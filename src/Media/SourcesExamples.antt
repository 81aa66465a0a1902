-- ===== src/Media/SourcesExamples.antt =====
-- Runs of the registry of sources, at one input for each theorem.
use streaming.Prelude.{ℕ, ◌≡◌, refl, true, false, some, [], ◌∷◌, if◌then◌else◌}
use streaming.Prelude.Outcome.{ok}
use streaming.Media.Info.{Info}
use streaming.Media.Sources.{Sources, regist, unregist, set_weak_source}
use streaming.Media.Sources.Slots.{same_path}
use streaming.Media.Sources.Registry.{search, search-regist}
use streaming.Media.Sources.Exclusive.{
  Reachable, start, step, regists, unregists, Reachable-exclusive,
}
use streaming.Rtmp.Chunk.{update}

abbrev stream : Info
stream = record {
  schema = 82 ∷ [];
  app = 97 ∷ [];
  vhost = 118 ∷ [];
  stream_id = 115 ∷ [];
  token = [];
  tc_url = [];
}

abbrev empty : Sources
empty = record {
  media_sources = [];
  alive = λ i. true;
  is_registered = λ i. false;
  owned = λ i. false;
}

-- Source 7 is on the air.
abbrev on_air : Sources
on_air = record empty {
  media_sources = set_weak_source stream (some 7) [];
  is_registered = update (λ i. false) 7 true;
}

registers : regist 7 stream empty ≡ ok on_air
unfolding regist
registers = refl

search-regist_example :
    search stream on_air
    ≡ (if same_path stream stream then ok (some 7, true) else search stream empty)
search-regist_example = search-regist 7 stream stream empty on_air registers refl refl

-- Source 7 left the path that source 8 takes now.
abbrev taken_over : Sources
taken_over = record on_air {
  media_sources = set_weak_source stream (some 8) (unregist 7 stream on_air).media_sources;
  is_registered = update (update on_air.is_registered 7 false) 8 true;
}

registers_again : regist 8 stream (unregist 7 stream on_air) ≡ ok taken_over
unfolding regist unregist set_weak_source
registers_again = refl

run : Reachable (λ i. stream) (λ i. true) taken_over
run = step (step (step start (regists 7 registers)) (unregists 7)) (regists 8 registers_again)

Reachable-exclusive_example : ◌≡◌ {A = ℕ} 8 8
Reachable-exclusive_example = Reachable-exclusive (λ i. stream) 8 8 run refl refl refl refl refl
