-- ===== src/Network.antt =====
-- include/network and src/network: the byte buffer that every parser reads from, and the view of
-- it that the parsers' models use.
pub mod Unread
pub mod Sessions
pub mod Server
pub mod RawBuffer
pub mod BufferString
pub mod FlatBuffer
mod Examples
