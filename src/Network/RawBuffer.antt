-- ===== src/Network/RawBuffer.antt =====
-- `buffer_raw` of include/network/buffer.h. A null pointer is `none`, and an array is the list of
-- its bytes.
pub mod Contents
pub mod Copies
use streaming.Prelude.{
  ℕ, ◌+◌, ◌*◌, ◌%◌, ◌^◌, Bool, true, false, ◌||◌, Option, none, some, List, [], ◌∷◌, length, take,
  ltb, ◌==◌, if◌then◌else◌,
}
use streaming.Prelude.Outcome.{Result, ok, err, size_beyond_capacity}
use streaming.Network.FlatBuffer.{size_t}
use streaming.Network.FlatBuffer.Memory.{blit, fresh}

-- `lost` counts the arrays that no pointer leads to and that were not deleted.
pub record RawBuffer : Type 0 where
  pub size : ℕ
  pub capacity : ℕ
  pub array : Option (List ℕ)
  pub lost : ℕ

unfoldable pub clean : RawBuffer → RawBuffer
clean b = record b { size = 0; capacity = 0; array = none }

unfoldable pub set_size : ℕ → RawBuffer → Result RawBuffer
set_size n b = if ltb b.capacity n then err size_beyond_capacity else ok (record b { size = n })

-- `alloc:`
unfoldable pub alloc : ℕ → RawBuffer → RawBuffer
alloc capacity b = record b { array = some (fresh capacity); capacity = capacity }

-- A size of 0 never exceeds the capacity. The last case reaches `alloc` with an array in `data_`.
unfoldable pub set_capacity : ℕ → RawBuffer → RawBuffer
unfolding clean alloc
set_capacity capacity b = by_array b.array
  where
    by_array : Option (List ℕ) → RawBuffer
    by_array none = if capacity == 0 then b else alloc capacity (record b { size = 0 })
    by_array (some old) =
        if capacity == 0
        then clean b
        else if ltb b.capacity capacity
        then alloc capacity (record b { size = 0 })
        else if ltb capacity (2 * 1024) || ltb b.capacity (size_t (2 * capacity))
        then b
        else alloc capacity (record b { lost = b.lost + 1 })

-- `new buffer_raw`, and with a capacity.
unfoldable pub create : ℕ → RawBuffer
unfolding set_capacity
create capacity = set_capacity capacity (record { size = 0; capacity = 0; array = none; lost = 0 })

-- `memcpy` to the array.
abbrev pub copied : List ℕ → RawBuffer → RawBuffer
copied bytes b = filled b.array
  where
    filled : Option (List ℕ) → RawBuffer
    filled none = b
    filled (some mem) = record b { array = some (blit 0 bytes mem) }

unfoldable pub assign : List ℕ → RawBuffer → Result RawBuffer
unfolding clean set_capacity set_size
assign [] b = ok (clean b)
assign (x ∷ xs) b =
    let bytes = x ∷ xs in set_size (length bytes) (copied bytes (set_capacity (length bytes) b))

◆ **Required work**
In the records above, find every line that contains the word "regists" and copy it.

◆ **Output for this task**
  Reachable, start, step, regists, unregists, Reachable-exclusive,
run = step (step (step start (regists 7 registers)) (unregists 7)) (regists 8 registers_again)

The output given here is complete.